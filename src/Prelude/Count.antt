-- ===== src/Prelude/Count.antt =====
-- Occurrences of a number in a list, and what they say of the list's length.
use linux_0_01raf.Prelude.{
  ℕ, zero, suc, ◌+◌, ◌≤◌, ◌<◌, ◌≡◌, refl, List, [], ◌∷◌, ◌++◌, arith, ltb, ◌==◌, if◌then◌else◌,
  length, get_or, set,
}

abbrev pub count : ℕ → List ℕ → ℕ
count v [] = 0
count v (x ∷ xs) = (if x == v then 1 else 0) + count v xs

-- a list that holds the numbers below `n`, each once, and no other
abbrev pub IsPermBelow : ℕ → List ℕ → Type 0
IsPermBelow n xs = (v : ℕ) → count v xs ≡ (if ltb v n then 1 else 0)

pub count-append : (v : ℕ) (xs ys : List ℕ) → count v (xs ++ ys) ≡ count v xs + count v ys
count-append v [] ys = omega arith
count-append v (x ∷ xs) ys = omega (arith, count-append v xs ys)

-- a write exchanges one occurrence for another
pub count-set :
    (v : ℕ) (xs : List ℕ) (i w : ℕ)
    → i < length xs
    → count v (set xs i w) + (if get_or xs i 0 == v then 1 else 0)
      ≡ count v xs + (if w == v then 1 else 0)
count-set v [] i w h = absurd (omega arith)
count-set v (x ∷ xs) zero w h = omega arith
count-set v (x ∷ xs) (suc i) w h = omega (arith, count-set v xs i w (omega arith))

pub lt_of_count : (n x : ℕ) (xs : List ℕ) → IsPermBelow n (x ∷ xs) → x < n
lt_of_count n x xs h = ground (arith, h x)

count_positive : (xs : List ℕ) (k : ℕ) → k < length xs → 1 ≤ count (get_or xs k 0) xs
count_positive [] k h = absurd (omega arith)
count_positive (x ∷ xs) zero h = ground arith
count_positive (x ∷ xs) (suc k) h = omega (arith, count_positive xs k (omega arith))

pub below_of_perm :
    (n : ℕ) (xs : List ℕ) (k : ℕ) → IsPermBelow n xs → k < length xs → get_or xs k 0 < n
below_of_perm n xs k h l = ground (arith, h (get_or xs k 0), count_positive xs k l)

sum_below : ℕ → (ℕ → ℕ) → ℕ
sum_below zero f = 0
sum_below (suc n) f = f n + sum_below n f

sum_below-zero : (n : ℕ) → sum_below n (λ v. 0) ≡ 0
unfolding sum_below
sum_below-zero zero = refl
sum_below-zero (suc n) = omega (arith, sum_below-zero n)

sum_below_bump :
    (n x : ℕ) (f : ℕ → ℕ)
    → sum_below n (λ v. (if x == v then 1 else 0) + f v)
      ≡ (if ltb x n then 1 else 0) + sum_below n f
unfolding sum_below
sum_below_bump zero x f = ground arith
sum_below_bump (suc n) x f = ground (arith, sum_below_bump n x f)

length-sum_below :
    (n : ℕ) (xs : List ℕ)
    → ((v : ℕ) → n ≤ v → count v xs ≡ 0)
    → length xs ≡ sum_below n (λ v. count v xs)
length-sum_below n [] h = omega (arith, sum_below-zero n)
length-sum_below n (x ∷ xs) h = ground (
  arith,
  h x,
  sum_below_bump n x (λ v. count v xs),
  length-sum_below n xs (λ v p. ground (arith, h v)),
)

sum_below_ones : (n : ℕ) (f : ℕ → ℕ) → ((v : ℕ) → v < n → f v ≡ 1) → sum_below n f ≡ n
unfolding sum_below
sum_below_ones zero f h = refl
sum_below_ones (suc n) f h =
    omega (arith, h n (omega arith), sum_below_ones n f (λ v p. h v (omega arith)))

-- the numbers below `n`, each once, are `n` numbers
pub length_of_perm : (n : ℕ) (xs : List ℕ) → IsPermBelow n xs → length xs ≡ n
length_of_perm n xs h = omega (
  arith,
  length-sum_below n xs (λ v p. ground (arith, h v)),
  sum_below_ones n (λ v. count v xs) (λ v p. ground (arith, h v)),
)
##############################
▶ [About this exercise]: Among the lines above, which ones hold the string "each"? Show them.

▶ [Task answer]:
-- a list that holds the numbers below `n`, each once, and no other
-- the numbers below `n`, each once, are `n` numbers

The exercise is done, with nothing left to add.